According to CNN, “The Supreme Court has triggered a debate over the mix of drugs used to carry out death sentences, with the justices delaying three executions and giving hope of eleventh-hour reprieves to other inmates.” “The justices will consider whether a Florida inmate was wrongly barred from pursuing a claim that the lethal drugs cause pain in violation of the constitutional protection against cruel and unusual punishment.”

Thursday, February 02, 2006

Court OKs Banning Diplay of Police Tattoos

According to CBS News, “A federal appeals court ruled Wednesday that Hartford, Conn., can ban police officers from displaying tattoos depicting spider webs, disappointing five officers who claimed the rule violated their First Amendment rights.”

Judge Partially Closes Hamas Hearing

The Washington Post reports, “The public and news media won't be allowed in the courtroom when Israeli intelligence agents testify about a man accused of laundering money for the Palestinian militant group Hamas.” According to the report, “The judge also granted permission for the agents to testify using aliases, but she denied a government request that the agents be allowed to wear ‘light disguises.’"

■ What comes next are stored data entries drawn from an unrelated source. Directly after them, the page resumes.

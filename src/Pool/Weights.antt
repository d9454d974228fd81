-- ===== src/Pool/Weights.antt =====
-- The sampler that the workers build from the registered job types.
use work.Prelude.{
  ℕ, suc, ◌+◌, ◌*◌, ◌≡◌, ◌≤◌, ◌<◌, refl, arith, List, [], ◌∷◌, Option, none, some, All, length,
  Option-cases, ◌≢◌, ap, inl, inr, ◌⊎◌, if_pos, if_neg, subst,
}
use work.Text.{Text, Text-discrete}
use work.Sampler.{PrioritySampler, empty, add}
use work.Sampler.Slices.{sum_from, sum_from-append}
use work.Sampler.Rounds.{IsValid, add-IsValid}
use work.Worker.{JobType, sampler_of, keys_of}
use work.Pool.{FnType, apply_defaults_and_validate, put_type, job_with_options}
use work.Scripts.Fetch.{FetchKeys}

-- The options are within their bounds.
abbrev pub IsChecked : JobType → Type 0
IsChecked jt = (0 < jt.priority) × (jt.priority ≤ 100000) × (0 < jt.max_fails)

checked : (opts jt : JobType) → apply_defaults_and_validate opts ≡ some jt → IsChecked jt
unfolding apply_defaults_and_validate
checked opts jt e = (ground (arith, e), ground (arith, e), ground (arith, e))

put_type-IsChecked :
    (jt : JobType) (jts : List JobType)
    → IsChecked jt
    → All IsChecked jts
    → All IsChecked (put_type jt jts)
unfolding put_type
put_type-IsChecked jt [] h hs = (h, tt)
put_type-IsChecked jt (k ∷ jts) h (hk, hs) =
    let rest = put_type-IsChecked jt jts h hs in
    elim (Text-discrete k.name jt.name) [
      | yes e ↦ rw (if_pos _ e) (h, hs)
      | no e ↦ rw (if_neg _ e) (hk, rest)
    ]

length-put_type : (jt : JobType) (jts : List JobType) → length (put_type jt jts) ≤ suc (length jts)
unfolding put_type
length-put_type jt [] = omega arith
length-put_type jt (k ∷ jts) = ground (arith, length-put_type jt jts)

-- Registering job types one after the other.
abbrev pub registered : Text → List (JobType × FnType) → List JobType → Option (List JobType)
registered ctx [] jts = some jts
registered ctx ((opts, fn) ∷ rs) jts = elim (job_with_options ctx opts fn jts) [
  | none ↦ none
  | some more ↦ registered ctx rs more
]

sum_add :
    (p : ℕ) (k : FetchKeys) (s : PrioritySampler)
    → sum_from 0 (add p k s).samples ≡ sum_from 0 s.samples + p
unfolding add
sum_add p k s = omega (arith, sum_from-append s.samples (record { priority = p; payload = k } ∷ []))

sampler_of-IsValid :
    (ns pool : Text) (jts : List JobType) (s : PrioritySampler)
    → All IsChecked jts
    → sum_from 0 s.samples + 100000 * length jts < 18446744073709551616
    → IsValid s
    → IsValid (sampler_of ns pool jts s)
unfolding sampler_of
sampler_of-IsValid ns pool [] s h small v = v
sampler_of-IsValid ns pool (jt ∷ jts) s h small v =
    let (low, high, fails) = h.0 in
    let k = keys_of ns pool jt.name in
    sampler_of-IsValid ns pool jts (add jt.priority k s) h.1
      (omega (arith, high, small, sum_add jt.priority k s))
      (add-IsValid jt.priority k s low (omega (arith, high, small)) v)

none-ne-some : {A : Type 0} {a : A} → none ≢ some a
none-ne-some e = ground (arith, e)

-- An accepted registration puts checked options among the job types.
accepted :
    (ctx : Text) (opts : JobType) (fn : FnType) (jts more : List JobType)
    → job_with_options ctx opts fn jts ≡ some more
    → (jt : JobType) × (apply_defaults_and_validate opts ≡ some jt) × (put_type jt jts ≡ more)
unfolding job_with_options
accepted ctx opts fn jts more e = by (Option-cases (apply_defaults_and_validate opts))
  where
    by :
        (apply_defaults_and_validate opts ≡ none)
          ⊎ ((jt : JobType) × (apply_defaults_and_validate opts ≡ some jt))
        → (jt : JobType) × (apply_defaults_and_validate opts ≡ some jt) × (put_type jt jts ≡ more)
    by (inl f) = absurd (none-ne-some (rw (f, job_with_options) at e))
    by (inr (jt, f)) = (jt, f, ground (arith, e, f))

registered-IsChecked :
    (ctx : Text) (rs : List (JobType × FnType)) (jts out : List JobType)
    → All IsChecked jts
    → registered ctx rs jts ≡ some out
    → All IsChecked out × (length out ≤ length rs + length jts)
registered-IsChecked ctx [] jts out h e =
    let same : jts ≡ out = ground (arith, e) in
    (subst (All IsChecked) same h, omega (arith, ap length same))
registered-IsChecked ctx ((opts, fn) ∷ rs) jts out h e =
    by (λ more c f. registered-IsChecked ctx rs more out c f)
      (Option-cases (job_with_options ctx opts fn jts))
  where
    by :
        ((more : List JobType)
          → All IsChecked more
          → registered ctx rs more ≡ some out
          → All IsChecked out × (length out ≤ length rs + length more))
        → (job_with_options ctx opts fn jts ≡ none)
          ⊎ ((more : List JobType) × (job_with_options ctx opts fn jts ≡ some more))
        → All IsChecked out × (length out ≤ suc (length rs) + length jts)
    by go (inl f) = absurd (none-ne-some (rw (f, registered) at e))
    by go (inr (more, f)) =
        let (jt, found, put) = accepted ctx opts fn jts more f in
        let (c, n) =
          go more (subst (All IsChecked) put (put_type-IsChecked jt jts (checked opts jt found) h))
            (rw (f, registered) at e) in
        (c, omega (arith, n, ap length put, length-put_type jt jts))

-- If every registration is accepted, and there are fewer than 2 ^ 64 / 100000 of them, the sampler that
-- the workers build from the job types is valid: its sum does not wrap and no priority is zero.
pub registered-IsValid :
    (ctx ns pool : Text) (rs : List (JobType × FnType)) (jts : List JobType)
    → registered ctx rs [] ≡ some jts
    → 100000 * length rs < 18446744073709551616
    → IsValid (sampler_of ns pool jts empty)
unfolding empty
registered-IsValid ctx ns pool rs jts e few =
    let (c, n) = registered-IsChecked ctx rs [] jts tt e in
    sampler_of-IsValid ns pool jts empty c (omega (arith, n, few))
      (record { summed = refl; small = omega arith; positive = tt })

Alito Splits with Conservatives in 1st Case

“New Supreme Court Justice Samuel Alito split with the court's conservatives Wednesday night, refusing to let Missouri execute a Death Row inmate contesting lethal injection,” reports The Chicago Tribune. “Chief Justice John Roberts Jr. and Justices Antonin Scalia and Clarence Thomas supported lifting the stay, but Alito joined the remaining five members in turning down Missouri's last-minute request to allow a midnight execution.”

Wednesday, February 01, 2006

'Partial Birth' Abortion Ban Held Unconstitutional

“The federal government's first-ever attempt to outlaw a specific type of abortion was declared unconstitutional Tuesday by a federal appeals court in San Francisco, which said the ban would interfere with a woman's right to a safe abortion after the first 12 weeks of pregnancy.” According to The San Francisco Chronicle, “Within hours, a federal appeals court in New York issued a 2-1 ruling finding that the same federal law would unconstitutionally prohibit abortions that may be necessary for a woman's health.”

N.A.A.C.P. Is Bush Ally in Connecticut School Case

According to The New York Times, “N.A.A.C.P. officials said on Tuesday that they were trying to intervene in a lawsuit over the No Child Left Behind Law on the side of the Bush administration and against the State of Connecticut because of a core principle: that states do not have the right to ignore federal legislation that aims to help minorities.”

Supreme Court Blocks Florida Execution

The Associated Press reports: “The Supreme Court on Tuesday blocked the execution of a man who killed a woman in her bathtub a decade ago, granting a stay to a Florida death row inmate for the second time in a week.”

Federal Court Grants Ark. Inmate Access to Prayer Feather

“A man who was held for 18 months in the Benton County Jail has prevailed in a lawsuit he filed to force jailers to give him access to a prayer feather,” reports The First Amendment Center. “Jailers objected to the feather on security grounds, but a federal judge has ruled that Billy Joe Wolfe Jr. of Jay, Okla., demonstrated that the feather was necessary for him to practice his religion.”

New Law Threatens Court's Central Role

According to SCOTUSblog, “Defense lawyers for war-on-terrorism detainee Salim Ahmed Hamdan told the Supreme Court Tuesday night that the Court's own role in the plan of the Constitution may be at stake in the interpretation of the new law to strip courts of authority to decide detainee cases. Urging the Court to go forward and decide his challenge to the ‘military commissions’ set up to try captives for war crimes, his attorneys said that the Court should move cautiously in judging whether it has lost its jurisdiction to proceed under the Detainee Treatment Act of 2005.”